🤖 AI Summary
Current vision-language models (VLMs) heavily rely on linguistic priors and dataset biases, exhibiting limited capacity for genuine visual understanding. Method: We propose ViLP, a novel benchmark introducing the “three-images-three-answers” visual question answering (VQA) paradigm to systematically expose VLMs’ visual reasoning deficiencies by contrasting text-answerable images with those requiring genuine visual inference. We further design a generative-model-based out-of-distribution (OOD) image construction method and an iterative self-improvement training framework integrating pixel-level perturbations and semantic corruption. Contribution/Results: ViLP evaluation reveals GPT-4’s visual reasoning bottleneck, achieving only 66.17% accuracy. Our framework significantly improves visual reasoning performance of open-source VLMs—including LLaVA-v1.5 and Cambrian—demonstrating its effectiveness in enhancing robustness. ViLP establishes a new paradigm for rigorous VLM evaluation and training grounded in principled visual reasoning assessment.
📝 Abstract
Despite recent advances in Vision-Language Models (VLMs), many still over-rely on visual language priors present in their training data rather than true visual reasoning. To examine the situation, we introduce ViLP, a visual question answering (VQA) benchmark that pairs each question with three potential answers and three corresponding images: one image whose answer can be inferred from text alone, and two images that demand visual reasoning.
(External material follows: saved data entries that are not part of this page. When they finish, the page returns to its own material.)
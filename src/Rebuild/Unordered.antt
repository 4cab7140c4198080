-- ===== src/Rebuild/Unordered.antt =====
-- contracts/src/event-rebuild.ts, `rebuildStores`: events that come in another order or twice.
use mina_guard.Base.{
  ℕ, ◌≡◌, Bool, false, Option, List, [], ◌∷◌, ◌++◌, SameMembers, any-SameMembers, any, filter,
  Result, ok, err, ◌>>=◌, if◌then◌else◌, refl, ◌∙◌, sym, ap, err≢ok, then_ext, then_assoc,
}
use mina_guard.Platform.{Field, Platform}
use mina_guard.Platform.Maps.{MerkleMaps, MapLaws, Numerals}
use mina_guard.Storage.{Encoding}
use mina_guard.Storage.Maps.{ApprovalStore, VoteNullifierStore, get_count}
use mina_guard.Storage.Maps.Counts.{Tracked}
use mina_guard.Rebuild.{IndexedEvent, TextReader, apply_map_event, apply_map_events}
use mina_guard.Rebuild.Stores.{
  RebuiltStores, is_unplaced, is_in_block, block_heights, replay_blocks, initial_stores,
  rebuild_stores,
}
use mina_guard.Rebuild.Levels.{larger}
use mina_guard.Rebuild.Highest.{
  is_unreadable, event_marks, highest-SameMembers, Rebuilt, apply_map_events-Rebuilt,
  apply_map_events-total,
}
use mina_guard.Rebuild.Order.{blocks_of, replay_order, replay_order-SameMembers}

replayed_alike :
    (events others : List IndexedEvent)
    → SameMembers events others
    → SameMembers (replay_order events) (replay_order others)
replayed_alike events others same e = (
  (λ i.
      (replay_order-SameMembers others e).0 ((same e).0 ((replay_order-SameMembers events e).1 i))),
  (λ i.
      (replay_order-SameMembers events e).0 ((same e).1 ((replay_order-SameMembers others e).1 i))),
)

module _ {Map : Type 0} ⦃m : MerkleMaps Map⦄ ⦃o : Platform⦄ ⦃n : Numerals⦄ ⦃e : Encoding⦄
    ⦃r : TextReader⦄ where
  abbrev pub maps_of :
      Result (RebuiltStores Map) → Result (ApprovalStore Map × VoteNullifierStore Map)
  maps_of rebuilt = rebuilt >>= λ s. ok (s.approval_store, s.nullifier_store)

  apply_map_events-append :
      (xs ys : List IndexedEvent) (a : ApprovalStore Map) (v : VoteNullifierStore Map)
      → apply_map_events (xs ++ ys) a v
        ≡ (apply_map_events xs a v >>= λ p. apply_map_events ys p.0 p.1)
  unfolding apply_map_events
  apply_map_events-append [] ys a v = refl
  apply_map_events-append (x ∷ xs) ys a v =
      then_ext (apply_map_event x a v) (λ p. apply_map_events-append xs ys p.0 p.1)
      ∙ sym (then_assoc (apply_map_event x a v) _ _)

  -- The bookkeeping of divergent blocks does not touch the maps.
  replay_blocks-maps :
      (usable : Bool) (events : List IndexedEvent) (heights : List ℕ) (s : RebuiltStores Map)
      → maps_of (replay_blocks usable events heights s)
        ≡ apply_map_events (blocks_of events heights) s.approval_store s.nullifier_store
  unfolding replay_blocks apply_map_events
  replay_blocks-maps usable events [] s = refl
  replay_blocks-maps usable events (h ∷ hs) s =
      let block = filter (is_in_block h) events in
      then_assoc (apply_map_events block s.approval_store s.nullifier_store) _ _
      ∙ then_ext (apply_map_events block s.approval_store s.nullifier_store)
          (λ p. replay_blocks-maps usable events hs _)
      ∙ sym (apply_map_events-append block (blocks_of events hs) s.approval_store s.nullifier_store)

  pub rebuild_stores-maps :
      (events : List IndexedEvent) (initial : Option (RebuiltStores Map))
      → maps_of (rebuild_stores events initial)
        ≡ apply_map_events
            (replay_order events)
            (initial_stores initial).approval_store
            (initial_stores initial).nullifier_store
  unfolding rebuild_stores
  rebuild_stores-maps events initial =
      let start = initial_stores initial in
      let unplaced = filter is_unplaced events in
      then_assoc (apply_map_events unplaced start.approval_store start.nullifier_store) _ _
      ∙ then_ext (apply_map_events unplaced start.approval_store start.nullifier_store)
          (λ p. replay_blocks-maps _ events (block_heights events) _)
      ∙ sym (
          apply_map_events-append unplaced (blocks_of events (block_heights events))
            start.approval_store start.nullifier_store)

  maps_of-ok :
      (rebuilt : Result (RebuiltStores Map)) (a : ApprovalStore Map) (v : VoteNullifierStore Map)
      → maps_of rebuilt ≡ ok (a, v)
      → (s : RebuiltStores Map) × (rebuilt ≡ ok s)
  maps_of-ok (err message) a v h = absurd (err≢ok h)
  maps_of-ok (ok s) a v h = (s, refl)

  -- What a rebuild gives, in terms of its events as a set.
  pub rebuild_stores-Rebuilt :
      MapLaws m
      → (events : List IndexedEvent) (initial : Option (RebuiltStores Map))
        (stores : RebuiltStores Map)
      → Tracked (initial_stores initial).nullifier_store
      → rebuild_stores events initial ≡ ok stores
      → Rebuilt
          (replay_order events)
          (initial_stores initial).approval_store
          stores.approval_store
          (initial_stores initial).nullifier_store
          stores.nullifier_store
  rebuild_stores-Rebuilt laws events initial stores tracked h =
      apply_map_events-Rebuilt laws (replay_order events) _ stores.approval_store _
        stores.nullifier_store tracked (sym (rebuild_stores-maps events initial) ∙ ap maps_of h)

  pub rebuild_stores-total :
      MapLaws m
      → (events : List IndexedEvent) (initial : Option (RebuiltStores Map))
      → any is_unreadable (replay_order events) ≡ false
      → (stores : RebuiltStores Map) × (rebuild_stores events initial ≡ ok stores)
  rebuild_stores-total laws events initial readable =
      let (a, v, done) =
        apply_map_events-total laws (replay_order events) (initial_stores initial).approval_store
          (initial_stores initial).nullifier_store readable in
      maps_of-ok (rebuild_stores events initial) a v (rebuild_stores-maps events initial ∙ done)

  -- The values and the roots of both maps agree.
  abbrev pub SameMaps : RebuiltStores Map → RebuiltStores Map → Type 0
  SameMaps s t =
      ((k : Field) → get_count s.approval_store k ≡ get_count t.approval_store k)
      × ((k : Field) → m.get s.nullifier_store.map k ≡ m.get t.nullifier_store.map k)
      × (m.get_root s.approval_store.map ≡ m.get_root t.approval_store.map)
      × (m.get_root s.nullifier_store.map ≡ m.get_root t.nullifier_store.map)

  -- Where a map holds what was set and its root depends on its values: if a list of events is
  -- rebuilt, from stores whose tracked nullifiers are marked, then every list with the same
  -- events, in whatever order and however often, is rebuilt as well, to maps with the same values
  -- and the same roots.
  pub rebuild_stores-SameMembers :
      MapLaws m
      → (events others : List IndexedEvent) (initial : Option (RebuiltStores Map))
        (stores : RebuiltStores Map)
      → Tracked (initial_stores initial).nullifier_store
      → SameMembers events others
      → rebuild_stores events initial ≡ ok stores
      → (again : RebuiltStores Map) × (rebuild_stores others initial ≡ ok again)
        × SameMaps stores again
  unfolding get_count
  rebuild_stores-SameMembers laws events others initial stores tracked same h =
      let before = rebuild_stores-Rebuilt laws events initial stores tracked h in
      let alike = replayed_alike events others same in
      let readable =
        sym (any-SameMembers is_unreadable (replay_order events) (replay_order others) alike)
        ∙ before.readable in
      let (again, found) = rebuild_stores-total laws others initial readable in
      let after = rebuild_stores-Rebuilt laws others initial again tracked found in
      let counts : ((k : Field)
          → get_count stores.approval_store k ≡ get_count again.approval_store k) =
        λ k.
          before.counts k
          ∙ ap (larger (get_count (initial_stores initial).approval_store k))
              (highest-SameMembers (replay_order events) (replay_order others) k alike)
          ∙ sym (after.counts k) in
      let votes : ((k : Field)
          → m.get stores.nullifier_store.map k ≡ m.get again.nullifier_store.map k) =
        λ k.
          before.votes k
          ∙ ap (λ b. if b then 1 else m.get (initial_stores initial).nullifier_store.map k)
              (any-SameMembers (event_marks k) (replay_order events) (replay_order others) alike)
          ∙ sym (after.votes k) in
      (
        again,
        found,
        (
          counts,
          votes,
          laws.same_root stores.approval_store.map again.approval_store.map counts,
          laws.same_root stores.nullifier_store.map again.nullifier_store.map votes,
        ),
      )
By leveraging image generative models, we ensure significant variation in texture, shape, conceptual combinations, hallucinated elements, and proverb-based contexts, making our benchmark images distinctly out-of-distribution. While humans achieve near-perfect accuracy, modern VLMs falter; for instance, GPT-4 achieves only 66.17% on ViLP. To alleviate this, we propose a self-improving framework in which models generate new VQA pairs and images, then apply pixel-level and semantic corruptions to form"good-bad"image pairs for self-training. Our training objectives compel VLMs to focus more on actual visual inputs and have demonstrated their effectiveness in enhancing the performance of open-source VLMs, including LLaVA-v1.5 and Cambrian.